»»

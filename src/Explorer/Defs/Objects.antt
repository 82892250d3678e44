-- ===== src/Explorer/Defs/Objects.antt =====
-- The menus of views, functions, procedures and saved queries, and the click that opens a menu.
use next_dbm.Base.{true, [], ◌++◌, Text, codes, Option, some}
use mathlib.Core.Option
use next_dbm.Tree.Defs.{Info}
use next_dbm.Utils.Defs.{cut_string_at_dash, dash}
use next_dbm.Tabs.Defs.{Mode, editor, view, function, procedure}
use next_dbm.Dispatch.Defs.{SqlParams}
use next_dbm.Answers.Defs.{Attr, remove_first}
use next_dbm.Explorer.Defs.State.{Call, Panel, call, Converter, database_node, send_statement}
use next_dbm.Explorer.Defs.Opening.{of_database, attr_of}
use next_dbm.Explorer.Defs.Menus.{with_database, open_tab, tab_of}

-- `add` of a view, a function and a procedure: the tab of its own key.
abbrev pub open_object : Mode → Info → Panel → Option Panel
open_object type node x =
    with_database node (λ db asset_id. some (open_tab (tab_of type node.key node.title asset_id) x))
      x

unfoldable pub open_view : Info → Panel → Option Panel
open_view = open_object view

unfoldable pub open_function : Info → Panel → Option Panel
open_function = open_object function

unfoldable pub open_procedure : Info → Panel → Option Panel
open_procedure = open_object procedure

-- The three `delete`, confirmed.
abbrev pub delete_object :
    Converter
    → (name mark : Text) → ((database title : Text) → SqlParams)
    → (named : Attr → Text → Attr) → Info
    → Panel
    → Option Panel
delete_object get_sql name mark params named node x =
    with_database node
      (λ (db : Info) asset_id.
        send_statement (get_sql name (params db.title node.title)) (node.key ++ mark)
          (codes "KeyValueJsonResult") (named (attr_of asset_id db.title []) node.title) x)
      x

unfoldable pub delete_view : Converter → Info → Panel → Option Panel
delete_view get_sql =
    delete_object get_sql (codes "dropView") (codes "-dropView")
      (λ database title. record (of_database database) { view_name = title })
      (λ (attr : Attr) title. record attr { view_name = some title })

unfoldable pub delete_function : Converter → Info → Panel → Option Panel
delete_function get_sql =
    delete_object get_sql (codes "dropFunction") (codes "-dropFunction")
      (λ database title. record (of_database database) { function_name = title })
      (λ (attr : Attr) title. record attr { function_name = some title })

unfoldable pub delete_procedure : Converter → Info → Panel → Option Panel
delete_procedure get_sql =
    delete_object get_sql (codes "dropProcedure") (codes "-dropProcedure")
      (λ database title. record (of_database database) { procedure_name = title })
      (λ (attr : Attr) title. record attr { procedure_name = some title })

-- What the node of a saved query has besides.
pub record Saved : Type 0 where
  pub id : Text
  pub db_name : Text
  pub content : Text

-- `currentNode.key.replace(startKey+"-","")`
unfoldable pub sqls_id : Text → Text
sqls_id key = remove_first (cut_string_at_dash key (dash 3) ++ codes "-") key

-- `add` of a saved query: its tab, under its own id.
unfoldable pub open_sql : Info → Saved → Panel → Option Panel
open_sql node saved x =
    with_database node
      (λ db asset_id. some (
        open_tab
          (record (tab_of editor (sqls_id node.key) node.title asset_id) {
            sql = saved.content;
            db_name = saved.db_name;
          })
          x))
      x

-- `rename`, with the new name: the first call of it; that the title of an open tab then changes is in
-- Tabs.
unfoldable pub rename_sql : (new_name : Text) → Saved → Panel → Panel
rename_sql new_name saved x = call (Call.sqls_create_or_update saved.id new_name saved.db_name) x

-- `delete`, confirmed.
unfoldable pub delete_sql : Info → Panel → Option Panel
delete_sql node x =
    Option.map
      (λ (db : Info).
        call (Call.sqls_delete (sqls_id node.key) (cut_string_at_dash node.key (dash 2)) db.title)
          x)
      (database_node node.key x)

-- `handleRightClick`; the node becomes the argument of the entries.
unfoldable pub handle_right_click : Panel → Panel
handle_right_click x = record x { show_menu = true }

««

* Exercise brief
Every entry must be output again, exactly as written above.

* Answer for this exercise
filename src/Explorer/Defs/Objects.antt
repository 82892250d3678e44
-- ===== src/Explorer/Defs/Objects.antt =====
-- The menus of views, functions, procedures and saved queries, and the click that opens a menu.
use next_dbm.Base.{true, [], ◌++◌, Text, codes, Option, some}
use mathlib.Core.Option
use next_dbm.Tree.Defs.{Info}
use next_dbm.Utils.Defs.{cut_string_at_dash, dash}
use next_dbm.Tabs.Defs.{Mode, editor, view, function, procedure}
use next_dbm.Dispatch.Defs.{SqlParams}
use next_dbm.Answers.Defs.{Attr, remove_first}
use next_dbm.Explorer.Defs.State.{Call, Panel, call, Converter, database_node, send_statement}
use next_dbm.Explorer.Defs.Opening.{of_database, attr_of}
use next_dbm.Explorer.Defs.Menus.{with_database, open_tab, tab_of}

-- `add` of a view, a function and a procedure: the tab of its own key.
abbrev pub open_object : Mode → Info → Panel → Option Panel
open_object type node x =
    with_database node (λ db asset_id. some (open_tab (tab_of type node.key node.title asset_id) x))
      x

unfoldable pub open_view : Info → Panel → Option Panel
open_view = open_object view

unfoldable pub open_function : Info → Panel → Option Panel
open_function = open_object function

unfoldable pub open_procedure : Info → Panel → Option Panel
open_procedure = open_object procedure

-- The three `delete`, confirmed.
abbrev pub delete_object :
    Converter
    → (name mark : Text) → ((database title : Text) → SqlParams)
    → (named : Attr → Text → Attr) → Info
    → Panel
    → Option Panel
delete_object get_sql name mark params named node x =
    with_database node
      (λ (db : Info) asset_id.
        send_statement (get_sql name (params db.title node.title)) (node.key ++ mark)
          (codes "KeyValueJsonResult") (named (attr_of asset_id db.title []) node.title) x)
      x

unfoldable pub delete_view : Converter → Info → Panel → Option Panel
delete_view get_sql =
    delete_object get_sql (codes "dropView") (codes "-dropView")
      (λ database title. record (of_database database) { view_name = title })
      (λ (attr : Attr) title. record attr { view_name = some title })

unfoldable pub delete_function : Converter → Info → Panel → Option Panel
delete_function get_sql =
    delete_object get_sql (codes "dropFunction") (codes "-dropFunction")
      (λ database title. record (of_database database) { function_name = title })
      (λ (attr : Attr) title. record attr { function_name = some title })

unfoldable pub delete_procedure : Converter → Info → Panel → Option Panel
delete_procedure get_sql =
    delete_object get_sql (codes "dropProcedure") (codes "-dropProcedure")
      (λ database title. record (of_database database) { procedure_name = title })
      (λ (attr : Attr) title. record attr { procedure_name = some title })

-- What the node of a saved query has besides.
pub record Saved : Type 0 where
  pub id : Text
  pub db_name : Text
  pub content : Text

-- `currentNode.key.replace(startKey+"-","")`
unfoldable pub sqls_id : Text → Text
sqls_id key = remove_first (cut_string_at_dash key (dash 3) ++ codes "-") key

-- `add` of a saved query: its tab, under its own id.
unfoldable pub open_sql : Info → Saved → Panel → Option Panel
open_sql node saved x =
    with_database node
      (λ db asset_id. some (
        open_tab
          (record (tab_of editor (sqls_id node.key) node.title asset_id) {
            sql = saved.content;
            db_name = saved.db_name;
          })
          x))
      x

-- `rename`, with the new name: the first call of it; that the title of an open tab then changes is in
-- Tabs.
unfoldable pub rename_sql : (new_name : Text) → Saved → Panel → Panel
rename_sql new_name saved x = call (Call.sqls_create_or_update saved.id new_name saved.db_name) x

-- `delete`, confirmed.
unfoldable pub delete_sql : Info → Panel → Option Panel
delete_sql node x =
    Option.map
      (λ (db : Info).
        call (Call.sqls_delete (sqls_id node.key) (cut_string_at_dash node.key (dash 2)) db.title)
          x)
      (database_node node.key x)

-- `handleRightClick`; the node becomes the argument of the entries.
unfoldable pub handle_right_click : Panel → Panel
handle_right_click x = record x { show_menu = true }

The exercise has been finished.